Methods. We implemented the kernel for solving the 3DRT problem in Cartesian coordinates with periodic boundary conditions in the horizontal (x,y) plane, including the construction of the nearest neighbor Λ∗ and the operator splitting step.
Results. We present the results of both a small and a large test case and compare the timing of the 3DRT calculations for serial CPUs and various GPUs.
Conclusions. The latest available GPUs can lead to significant speedups for both small and large grids compared to serial (single core) computations.
Key words: radiative transfer / methods: numerical
© ESO, 2011
1. Introduction
In a series of papers (Hauschildt & Baron 2006; Baron & Hauschildt 2007; Hauschildt & Baron 2008, 2009; Baron et al. 2009; Hauschildt & Baron 2010; Seelmann et al. 2010, hereafter: Papers I–VII), we have described a framework for solving the radiative transfer equation in 3D systems (3DRT), including a detailed treatment of scattering in continua and lines with a nonlocal operator splitting method and its use in the general model atmosphere package PHOENIX.

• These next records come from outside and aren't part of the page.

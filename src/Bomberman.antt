-- ===== src/Bomberman.antt =====
-- src/games/bomberman/bomberman.logic.ts: the grid, bombs and their chain reactions, and one tick.
pub mod Tick
pub mod Chains
pub mod Fuel
pub mod Walls
pub mod Armed
pub mod Allowance
pub mod Games
pub mod Aftermath
pub mod Ordered
pub mod Deaths
pub mod Places
pub mod Maps
pub mod Spawns
pub mod Starts
mod Tests
use backend_htssclub.Base.{
  ℕ, zero, suc, ◌+◌, ◌-◌, ◌*◌, ◌<◌, min, Bool, true, false, not, ◌&&◌, ◌||◌, Option, none, some,
  List, [], ◌∷◌, ◌++◌, ltb, leb, ◌==◌, if◌then◌else◌, length, get_or, set, keep, map, reverse,
  contains,
}

pub data Tile : Type 0 where
  floor wall brick : Tile

pub data PowerType : Type 0 where
  bomb_power flame_power speed_power : PowerType

-- The position is the tile that `Math.round` gives for it; the speed is in tenths of a tile.
pub record BPlayer : Type 0 where
  pub user_id : ℕ
  pub seat : ℕ
  pub col : ℕ
  pub row : ℕ
  pub alive : Bool
  pub max_bombs : ℕ
  pub flame : ℕ
  pub speed : ℕ
  pub bombs_out : ℕ

pub record Bomb : Type 0 where
  pub id : ℕ
  pub owner_id : ℕ
  pub col : ℕ
  pub row : ℕ
  pub flame : ℕ
  pub fuse_at : ℕ

pub record Flame : Type 0 where
  pub col : ℕ
  pub row : ℕ
  pub until : ℕ

pub record PowerUp : Type 0 where
  pub col : ℕ
  pub row : ℕ
  pub power : PowerType

-- `drawn` counts the random numbers used, `next_bomb` is the next identifier of a bomb.
pub record BombermanState : Type 0 where
  pub cols : ℕ
  pub rows : ℕ
  pub grid : List Tile
  pub players : List BPlayer
  pub bombs : List Bomb
  pub flames : List Flame
  pub powerups : List PowerUp
  pub death_order : List ℕ
  pub drawn : ℕ
  pub next_bomb : ℕ

abbrev pub fuse_ms : ℕ
fuse_ms = 2200

abbrev pub flame_ms : ℕ
flame_ms = 600

abbrev pub bomb_cap : ℕ
bomb_cap = 8

abbrev pub flame_cap : ℕ
flame_cap = 9

-- In tenths of a tile for a second.
abbrev pub speed_cap : ℕ
speed_cap = 80

abbrev pub speed_step : ℕ
speed_step = 9

-- `tileAt`; a place that is not on the map is a wall. A missing entry would be neither a wall nor a
-- brick.
unfoldable pub tile_at : ℕ → ℕ → List Tile → ℕ → ℕ → Tile
tile_at cols rows grid c r =
    if ltb c cols && ltb r rows then get_or grid (r * cols + c) floor else wall

unfoldable pub find_player : ℕ → List BPlayer → Option BPlayer
find_player u [] = none
find_player u (p ∷ ps) = if p.user_id == u then some p else find_player u ps

unfoldable pub change_player : ℕ → (BPlayer → BPlayer) → List BPlayer → List BPlayer
change_player u f [] = []
change_player u f (p ∷ ps) =
    let rest = change_player u f ps in if p.user_id == u then f p ∷ ps else p ∷ rest

unfoldable pub bomb_on : ℕ → ℕ → List Bomb → Bool
bomb_on c r [] = false
bomb_on c r (b ∷ bs) = (b.col == c && b.row == r) || bomb_on c r bs

abbrev pub is_floor : Tile → Bool
is_floor floor = true
is_floor _ = false

-- The tests of `placeBomb`,
abbrev pub refuses : BPlayer → BombermanState → Bool
refuses p w =
    ((not p.alive || leb p.max_bombs p.bombs_out)
      || not (is_floor (tile_at w.cols w.rows w.grid p.col p.row)))
    || bomb_on p.col p.row w.bombs

-- and `placeBomb`, with the bomb that it returns.
unfoldable pub place_bomb : BPlayer → ℕ → BombermanState → Option Bomb × BombermanState
place_bomb p now w =
    let b : Bomb = record {
      id = w.next_bomb;
      owner_id = p.user_id;
      col = p.col;
      row = p.row;
      flame = p.flame;
      fuse_at = now + fuse_ms;
    } in
    if refuses p w then (none, w) else (
      some b,
      record w {
        bombs = w.bombs ++ b ∷ [];
        players = change_player p.user_id (λ q. record q { bombs_out = suc q.bombs_out }) w.players;
        next_bomb = suc w.next_bomb;
      },
    )

-- `out` of an explosion with the state; `starved` is set where the chain would run out of fuel.
pub record Run : Type 0 where
  pub state : BombermanState
  pub detonated : List Bomb
  pub bricks : List ((ℕ × ℕ) × Option PowerType)
  pub starved : Bool

unfoldable pub is_detonated : ℕ → List Bomb → Bool
is_detonated i [] = false
is_detonated i (b ∷ bs) = b.id == i || is_detonated i bs

-- The bomb that `addFlame` looks for.
unfoldable pub find_chained : ℕ → ℕ → ℕ → List Bomb → List Bomb → Option Bomb
find_chained i c r done [] = none
find_chained i c r done (b ∷ bs) =
    if ((not (b.id == i) && b.col == c) && b.row == r) && not (is_detonated b.id done)
    then some b
    else find_chained i c r done bs

pub data Heading : Type 0 where
  right left down up : Heading

-- The place some steps from another one, unless it is left of or above the map.
abbrev pub toward : Heading → ℕ → ℕ → ℕ → Option (ℕ × ℕ)
toward right c r k = some (c + k, r)
toward left c r k = if leb k c then some (c - k, r) else none
toward down c r k = some (c, r + k)
toward up c r k = if leb k r then some (c, r - k) else none

-- The owner may place one more.
unfoldable pub release : Bomb → Run → Run
release b o = record o {
  state = record (o.state) {
    players =
        change_player b.owner_id (λ p. record p { bombs_out = p.bombs_out - 1 }) o.state.players;
  };
  detonated = o.detonated ++ b ∷ [];
}

module _ (dice : ℕ → ℕ) where
  -- `randomPower`, from a number below 100.
  abbrev pub random_power : ℕ → PowerType
  random_power x = if ltb x 40 then bomb_power else (if ltb x 80 then flame_power else speed_power)

  -- A brick goes, and may drop something: the chance is 0.42.
  unfoldable pub break_brick : ℕ → ℕ → Run → Run
  break_brick c r o =
      let w = o.state in
      let opened = record w { grid = set w.grid (r * w.cols + c) floor; drawn = suc w.drawn } in
      let power = random_power (dice (suc w.drawn)) in
      if ltb (dice w.drawn) 42
      then record o {
        state = record opened {
          powerups = w.powerups ++ record { col = c; row = r; power = power } ∷ [];
          drawn = suc (suc w.drawn);
        };
        bricks = o.bricks ++ ((c, r), some power) ∷ [];
      }
      else record o { state = opened; bricks = o.bricks ++ ((c, r), none) ∷ [] }

  module _ (now : ℕ) where
    abbrev pub chain_on : (Bomb → Run → Run) → Option Bomb → Run → Run
    chain_on chain none o = o
    chain_on chain (some b) o = chain b o

    -- `addFlame`; `chain` is `detonate`.
    unfoldable pub add_flame : (Bomb → Run → Run) → Bomb → ℕ → ℕ → Run → Run
    add_flame chain b c r o =
        let w = o.state in
        let lit = record w {
          flames = w.flames ++ record { col = c; row = r; until = now + flame_ms } ∷ [];
        } in
        chain_on chain (find_chained b.id c r o.detonated w.bombs) (record o { state = lit })

    -- The flame in one direction, for the steps left from step `k` on.
    unfoldable pub ray : (Bomb → Run → Run) → Heading → Bomb → ℕ → ℕ → Run → Run
    ray chain d b zero k o = o
    ray chain d b (suc n) k o = elim (toward d b.col b.row k) [
      | none ↦ o
      | some (c, r) ↦ elim (tile_at o.state.cols o.state.rows o.state.grid c r) [
        | wall ↦ o
        | brick ↦ break_brick c r o
        | floor ↦ ray chain d b n (suc k) (add_flame chain b c r o)
      ]
    ]

    unfoldable pub blast : (Bomb → Run → Run) → Bomb → Run → Run
    blast chain b o =
        let center = add_flame chain b b.col b.row o in
        let east = ray chain right b b.flame 1 center in
        let west = ray chain left b b.flame 1 east in
        let south = ray chain down b b.flame 1 west in ray chain up b b.flame 1 south

    -- `detonate`, with fuel.
    unfoldable pub detonate : ℕ → Bomb → Run → Run
    detonate zero b o = record o { starved = true }
    detonate (suc n) b o = elim (is_detonated b.id o.detonated) [
      | true ↦ o
      | false ↦ blast (detonate n) b (release b o)
    ]

    unfoldable pub detonate_all : ℕ → List Bomb → Run → Run
    detonate_all n [] o = o
    detonate_all n (b ∷ bs) o = detonate_all n bs (detonate n b o)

The 3DRT framework discussed in the previous papers of this series requires very substantial amounts of computing time owing to the complexity of the radiative transfer problem in strongly scattering environments. The standard method of speeding up these calculations is to implement parallel algorithms for distributed memory machines using the MPI library (Hauschildt & Baron 2006; Baron & Hauschildt 2007). The development of relatively inexpensive graphic processing units (GPUs) with large numbers of cores and the development of relatively easily used programming models, OpenCL and CUDA has made the use of GPUs attractive for accelerating scientific simulations. GPUs are built to handle numerous lightweight parallel threads simultaneously and to offer theoretical peak performance far beyond that of current CPUs. However, using them efficiently requires different programming methods and algorithms than those employed on standard CPUs. We describe our first results of implementing our 3DRT framework for a single geometry within the OpenCL (Munshi 2009) paradigm for generalized GPU and CPU computing.
2. Method
In the following discussion we use the notation in Papers I−VII. The basic framework and the methods used for the formal solution and the solution of the scattering problem via nonlocal operator splitting are discussed in detail in these papers and are not repeated here. Our implementation of the 3DRT framework considers the most time-consuming parts of the process – the formal solution and the solution of the operator splitting equations – to obtain the updated values of the mean intensities, whereas less time-consuming parts of the code (set-up, Ng acceleration, etc.) are left to Fortran95 or C implementations. The OpenCL implementation of the 3DRT framework minimizes data transfer between the host computer (CPU) and the GPU and keeps most of the data locally on the GPU memory. Only the relevant input data (e.g., opacities) and the results, e.g., the mean intensities J for all voxels, need to be transferred to and from the GPU device.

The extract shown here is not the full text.